When we moved into our last house, I had a vision for my kitchen and family room. Those “two” rooms were a large open space, divided by a bar-height counter and a set of upholstered bar stools. Now keep in mind that this was the nineties.To coordinate with my rose and green plaid drapes and couches, I wanted an old-fashioned small print floral wallpaper inside two glass doored cabinets and on the bulkhead above. While I like to design, I am not very good at implementing projects like painting and wallpapering. So I asked around and called the paper hanger that was most highly recommended.

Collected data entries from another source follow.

-- ===== src/StoreBuffer/Ends.antt =====
-- `allocate` and `drain_one` as the two ends of a queue.
use rvsim.Base.{
  ℕ, zero, suc, ◌+◌, ◌-◌, ◌%◌, ◌<◌, ◌≡◌, ◌≢◌, ◌⊎◌, inl, inr, refl, sym, ap, ◌∙◌, subst, true, false,
  List, [], ◌∷◌, ◌++◌, Option, none, some, arith, length, length-set, length-replicate, set, All,
  All-append, if◌then◌else◌, ◌==◌, ==_iff, Bool-cases,
}
use rvsim.Circular.{slot, scan}
use rvsim.Circular.Window.{scan_push, scan_pop, slot-slot, slot-lt, slot-zero}
use rvsim.Signals.{MemWidth}
use rvsim.RobTag.{RobTag}
use rvsim.StoreBuffer.{
  StoreBuffer, StoreBufferEntry, sb_capacity, stores, store_at, default_store, pending_store,
  allocate, drain_one, is_committed, invalidated, new,
}
use rvsim.StoreBuffer.Inv.{IsSound, IsOccupied}

-- A new buffer of positive capacity holds no store and satisfies the invariant.
pub new-IsSound : (n : ℕ) → 0 < n → (stores (new n) ≡ []) × IsSound (new n)
unfolding new
new-IsSound n h = (
  refl,
  record {
    head_lt = omega (arith, length-replicate n default_store);
    count_le = omega arith;
    tail_eq =
        sym (slot-zero (sb_capacity (new n)) 0 (omega (arith, length-replicate n default_store)));
    occupied = tt;
  },
)

abbrev added : StoreBuffer → StoreBufferEntry → StoreBuffer
added sb e = record sb {
  entries = set sb.entries sb.tail e;
  tail = (sb.tail + 1) % sb_capacity sb;
  count = sb.count + 1;
}

module _ {sb : StoreBuffer} (e : StoreBufferEntry) (v : IsSound sb)
    (fits : sb.count < sb_capacity sb) where
  stores-added : stores (added sb e) ≡ stores sb ++ e ∷ []
  stores-added =
      ap (λ c. scan default_store (set sb.entries sb.tail e) c sb.head (sb.count + 1))
        (length-set sb.entries sb.tail e)
      ∙ ap (scan default_store (set sb.entries sb.tail e) (sb_capacity sb) sb.head)
          {x = sb.count + 1} {y = suc sb.count} (omega arith)
      ∙ ap (λ i. scan default_store (set sb.entries i e) (sb_capacity sb) sb.head (suc sb.count))
          v.tail_eq
      ∙ scan_push default_store (sb_capacity sb) sb.head v.head_lt sb.entries sb.count e fits
          (omega arith)

  added-IsSound : IsOccupied e → IsSound (added sb e)
  added-IsSound live = record {
    head_lt = rw (length-set sb.entries sb.tail e) v.head_lt;
    count_le = rw (length-set sb.entries sb.tail e) (omega arith);
    tail_eq =
        rw (length-set sb.entries sb.tail e, v.tail_eq)
          (slot-slot (sb_capacity sb) sb.head sb.count 1);
    occupied = rw stores-added (All-append IsOccupied (stores sb) (e ∷ []) v.occupied (live, tt));
  }

-- `allocate` answers `false` exactly when the buffer is full, and then changes nothing. Otherwise it
-- appends a pending store with the tag and the width, and keeps the invariant.
pub allocate-append :
    (sb : StoreBuffer) (t : RobTag) (w : MemWidth)
    → IsSound sb
    → let (ok, sb') = allocate sb t w in
      ((sb.count ≡ sb_capacity sb) × (ok ≡ false) × (sb' ≡ sb))
      ⊎ ((sb.count < sb_capacity sb)
          × (ok ≡ true)
          × (stores sb' ≡ stores sb ++ pending_store t w ∷ [])
          × IsSound sb')
unfolding allocate
allocate-append sb t w v = elim (Bool-cases (sb.count == sb_capacity sb)) [
  | inl full ↦
      rw (full, if◌then◌else◌) (inl ((==_iff sb.count (sb_capacity sb)).0 full, refl, refl))
  | inr more ↦
      let fits : sb.count < sb_capacity sb = ground (arith, v.count_le) in
      let e = pending_store t w in
      rw (more, if◌then◌else◌)
        (inr (fits, refl, stores-added e v fits, added-IsSound e v fits refl))
]

-- The front of a queue of stores leaves when it is committed or cancelled.
abbrev pub depart : List StoreBufferEntry → Option StoreBufferEntry × List StoreBufferEntry
depart [] = (none, [])
depart (e ∷ es) = if is_committed e.resolution then (some e, es) else (none, e ∷ es)

depart_waits :
    (e : StoreBufferEntry) (es : List StoreBufferEntry)
    → is_committed e.resolution ≡ false
    → depart (e ∷ es) ≡ (none, e ∷ es)
depart_waits e es w = rw w

depart_done :
    (e : StoreBufferEntry) (es : List StoreBufferEntry)
    → is_committed e.resolution ≡ true
    → depart (e ∷ es) ≡ (some e, es)
depart_done e es w = rw w

abbrev drained : StoreBuffer → StoreBuffer
drained sb = record sb {
  entries = set sb.entries sb.head (invalidated (store_at sb sb.head));
  head = (sb.head + 1) % sb_capacity sb;
  count = sb.count - 1;
}

module _ {sb : StoreBuffer} (v : IsSound sb) (n : ℕ) (size : sb.count ≡ suc n) where
  stores_nonempty : stores sb ≡ store_at sb sb.head ∷ stores (drained sb)
  stores_nonempty =
      let e = invalidated (store_at sb sb.head) in
      let xs = set sb.entries sb.head e in
      ap (scan default_store sb.entries (sb_capacity sb) sb.head) size
      ∙ scan_pop default_store (sb_capacity sb) sb.head v.head_lt sb.entries n e
          (omega (arith, v.count_le))
      ∙ ap (λ c. store_at sb sb.head ∷ scan default_store xs c ((sb.head + 1) % sb_capacity sb) n)
          (sym (length-set sb.entries sb.head e))
      ∙ ap
          (λ m.
            store_at sb sb.head
            ∷ scan default_store xs (length xs) ((sb.head + 1) % sb_capacity sb) m)
          {x = n} {y = sb.count - 1} (omega arith)

  drained-IsSound : IsSound (drained sb)
  drained-IsSound =
      let same = length-set sb.entries sb.head (invalidated (store_at sb sb.head)) in
      record {
        head_lt = rw same (slot-lt (sb_capacity sb) sb.head 1 (omega (arith, v.head_lt)));
        count_le = rw same (omega (arith, v.count_le));
        tail_eq =
            rw (same, v.tail_eq, slot-slot (sb_capacity sb) sb.head 1 (sb.count - 1))
              (ap (slot (sb_capacity sb) sb.head) {x = sb.count} (omega arith));
        occupied = (subst (All IsOccupied) stores_nonempty v.occupied).1;
      }

  head_occupied : (store_at sb sb.head).valid ≡ true
  head_occupied = (subst (All IsOccupied) stores_nonempty v.occupied).0

stores_empty : (sb : StoreBuffer) → sb.count ≡ 0 → stores sb ≡ []
stores_empty sb e = ap (scan default_store sb.entries (sb_capacity sb) sb.head) e

drain_empty : (sb : StoreBuffer) → sb.count ≡ 0 → drain_one sb ≡ (none, sb)
unfolding drain_one
drain_empty sb e = ground arith

drain_waits :
    (sb : StoreBuffer)
    → is_committed (store_at sb sb.head).resolution ≡ false
    → drain_one sb ≡ (none, sb)
unfolding drain_one
drain_waits sb w = ground arith

drain_pops :
    (sb : StoreBuffer)
    → sb.count ≢ 0
    → (store_at sb sb.head).valid ≡ true
    → is_committed (store_at sb sb.head).resolution ≡ true
    → drain_one sb ≡ (some (store_at sb sb.head), drained sb)
unfolding drain_one
drain_pops sb n live w = ground arith

some_not_none : (e : StoreBufferEntry) → some e ≢ none
some_not_none e h = cc

-- What a drain leaves; without a store to return, the buffer itself.
abbrev pub Drains : StoreBuffer → Option StoreBufferEntry × StoreBuffer → Type 0
Drains sb (o, sb') = ((o, stores sb') ≡ depart (stores sb)) × IsSound sb' × (o ≡ none → sb' ≡ sb)

-- `drain_one` takes the oldest store off the queue and returns it when it is committed or cancelled;
-- otherwise, and where the queue is empty, it returns none and the buffer is the same in every field.
-- It keeps the invariant.
pub drain_one-depart : (sb : StoreBuffer) → IsSound sb → Drains sb (drain_one sb)
drain_one-depart sb v = go sb.count refl
  where
    go : (n : ℕ) → sb.count ≡ n → Drains sb (drain_one sb)
    go zero e = subst (Drains sb) (sym (drain_empty sb e)) (
      ap (λ l. (none, l)) (stores_empty sb e) ∙ sym (ap depart (stores_empty sb e)),
      v,
      λ h. refl,
    )
    go (suc n) e = elim (Bool-cases (is_committed (store_at sb sb.head).resolution)) [
      | inr waits ↦ subst (Drains sb) (sym (drain_waits sb waits)) (
        ap (λ l. (none, l)) (stores_nonempty v n e)
            ∙ sym (ap depart (stores_nonempty v n e) ∙ depart_waits _ _ waits),
        v,
        λ h. refl,
      )
      | inl done ↦
          subst (Drains sb) (sym (drain_pops sb (omega arith) (head_occupied v n e) done)) (
            sym (ap depart (stores_nonempty v n e) ∙ depart_done _ _ done),
            drained-IsSound v n e,
            λ h. absurd (some_not_none _ h),
          )
    ]
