-- ===== src/StoreBuffer/Perform.antt =====
-- The stores of a list performed on memory in program order, and the same from the newest back.
use mathlib.Core.List.{reverse-append}
use rvsim.Base.{
  ℕ, ◌+◌, ◌^◌, ◌<◌, ◌≡◌, ◌⊎◌, inl, inr, refl, sym, ap, ◌∙◌, subst, true, List, [], ◌∷◌, ◌++◌,
  reverse, some, All, All-append, if◌then◌else◌,
}
use rvsim.Signals.{MemWidth, width_to_bytes}
use rvsim.RobTag.{RobTag}
use rvsim.StoreBuffer.{StoreBufferEntry, pending, ready, committed, cancelled, older_store, paddr}
use rvsim.StoreBuffer.Bytes.{Memory, write_bytes}

-- A store as it reaches memory: one without an address has no effect yet, a cancelled one never.
abbrev pub perform_one : StoreBufferEntry → Memory → Memory
perform_one e m = elim e.resolution [
  | pending ↦ m
  | ready a d ↦ write_bytes a (width_to_bytes e.width) d m
  | committed a d ↦ write_bytes a (width_to_bytes e.width) d m
  | cancelled ↦ m
]

abbrev pub perform_if_older : RobTag → StoreBufferEntry → Memory → Memory
perform_if_older t e m = if older_store t e then perform_one e m else m

-- The stores older than a tag, performed from the oldest on.
abbrev pub perform : RobTag → List StoreBufferEntry → Memory → Memory
perform t [] m = m
perform t (e ∷ es) m = perform t es (perform_if_older t e m)

-- The address range of a store lies within 64 bits.
abbrev pub InRange : StoreBufferEntry → Type 0
InRange e = elim e.resolution [
  | pending ↦ Unit {0}
  | ready a d ↦ a + 8 < 2 ^ 64
  | committed a d ↦ a + 8 < 2 ^ 64
  | cancelled ↦ Unit {0}
]

-- An older store shares bytes with the load, and does not hold all bytes of the load.
abbrev pub Partial : ℕ → MemWidth → RobTag → StoreBufferEntry → Type 0
Partial load w t e =
    (older_store t e ≡ true)
    × ((a : ℕ) × (paddr e.resolution ≡ some a)
        × (load < a + width_to_bytes e.width)
        × (a < load + width_to_bytes w)
        × ((load < a) ⊎ (a + width_to_bytes e.width < load + width_to_bytes w)))

abbrev pub Any : (StoreBufferEntry → Type 0) → List StoreBufferEntry → Type 0
Any P [] = ⊥
Any P (e ∷ es) = P e ⊎ Any P es

-- The stores are listed from the newest on.
abbrev pub perform_back : RobTag → List StoreBufferEntry → Memory → Memory
perform_back t [] m = m
perform_back t (e ∷ es) m = perform_if_older t e (perform_back t es m)

perform_back-snoc :
    (t : RobTag) (es : List StoreBufferEntry) (e : StoreBufferEntry) (m : Memory)
    → perform_back t (es ++ e ∷ []) m ≡ perform_back t es (perform_if_older t e m)
perform_back-snoc t [] e m = refl
perform_back-snoc t (f ∷ es) e m = ap (perform_if_older t f) (perform_back-snoc t es e m)

reverse_cons :
    (e : StoreBufferEntry) (es : List StoreBufferEntry) → reverse (e ∷ es) ≡ reverse es ++ e ∷ []
reverse_cons e es = reverse-append (e ∷ []) es

pub perform_back-reverse :
    (t : RobTag) (es : List StoreBufferEntry) (m : Memory)
    → perform_back t (reverse es) m ≡ perform t es m
perform_back-reverse t [] m = refl
perform_back-reverse t (e ∷ es) m =
    ap (λ l. perform_back t l m) (reverse_cons e es)
    ∙ perform_back-snoc t (reverse es) e m
    ∙ perform_back-reverse t es (perform_if_older t e m)

pub All-reverse :
    (P : StoreBufferEntry → Type 0) (es : List StoreBufferEntry) → All P es → All P (reverse es)
All-reverse P [] h = tt
All-reverse P (e ∷ es) h =
    subst (All P) (sym (reverse_cons e es))
      (All-append P (reverse es) (e ∷ []) (All-reverse P es h.1) (h.0, tt))

Any-append :
    (P : StoreBufferEntry → Type 0) (xs ys : List StoreBufferEntry)
    → Any P (xs ++ ys)
    → Any P xs ⊎ Any P ys
Any-append P [] ys h = inr h
Any-append P (x ∷ xs) ys (inl p) = inl (inl p)
Any-append P (x ∷ xs) ys (inr h) = elim (Any-append P xs ys h) [
  | inl a ↦ inl (inr a)
  | inr b ↦ inr b
]

pub Any-reverse :
    (P : StoreBufferEntry → Type 0) (es : List StoreBufferEntry) → Any P (reverse es) → Any P es
Any-reverse P [] h = h
Any-reverse P (e ∷ es) h =
    elim (Any-append P (reverse es) (e ∷ []) (subst (Any P) (reverse_cons e es) h)) [
      | inl before ↦ inr (Any-reverse P es before)
      | inr (inl here) ↦ inl here
      | inr (inr none_left) ↦ absurd none_left
    ]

I can no longer remember his name, though “Jim” pops into my head. He was of retirement age with white hair and a nasty case of diabetes, but he was still working full-time. When he arrived in his rusted and dented panel truck, he spent some time examining the wallpaper rolls I had purchased. Then he began hauling out all manner of sawhorses and drop cloths and tools.  By noon he had converted my garage into an elaborate workroom.

By 5PM he had finished measuring and preparing the walls. I figured he would start pasting up the wallpaper the next morning. I was wrong. He did arrive by 8AM, but he still had more prepping to do. I asked him why it was taking him so long to prep. He said, “I’ve been doing this a long time. More’n forty years. If I spend my time prepping, the job will go quickly and there won’t be any mistakes.”

I probably rolled my eyes when I left the room. But once he started putting up the pretty wallpaper, I was able to watch him complete the room, even with a trim border, in an hour. One hour to wallpaper my kitchen. And it looked perfect, with invisible seams and absolutely no bubbles. Clean edges.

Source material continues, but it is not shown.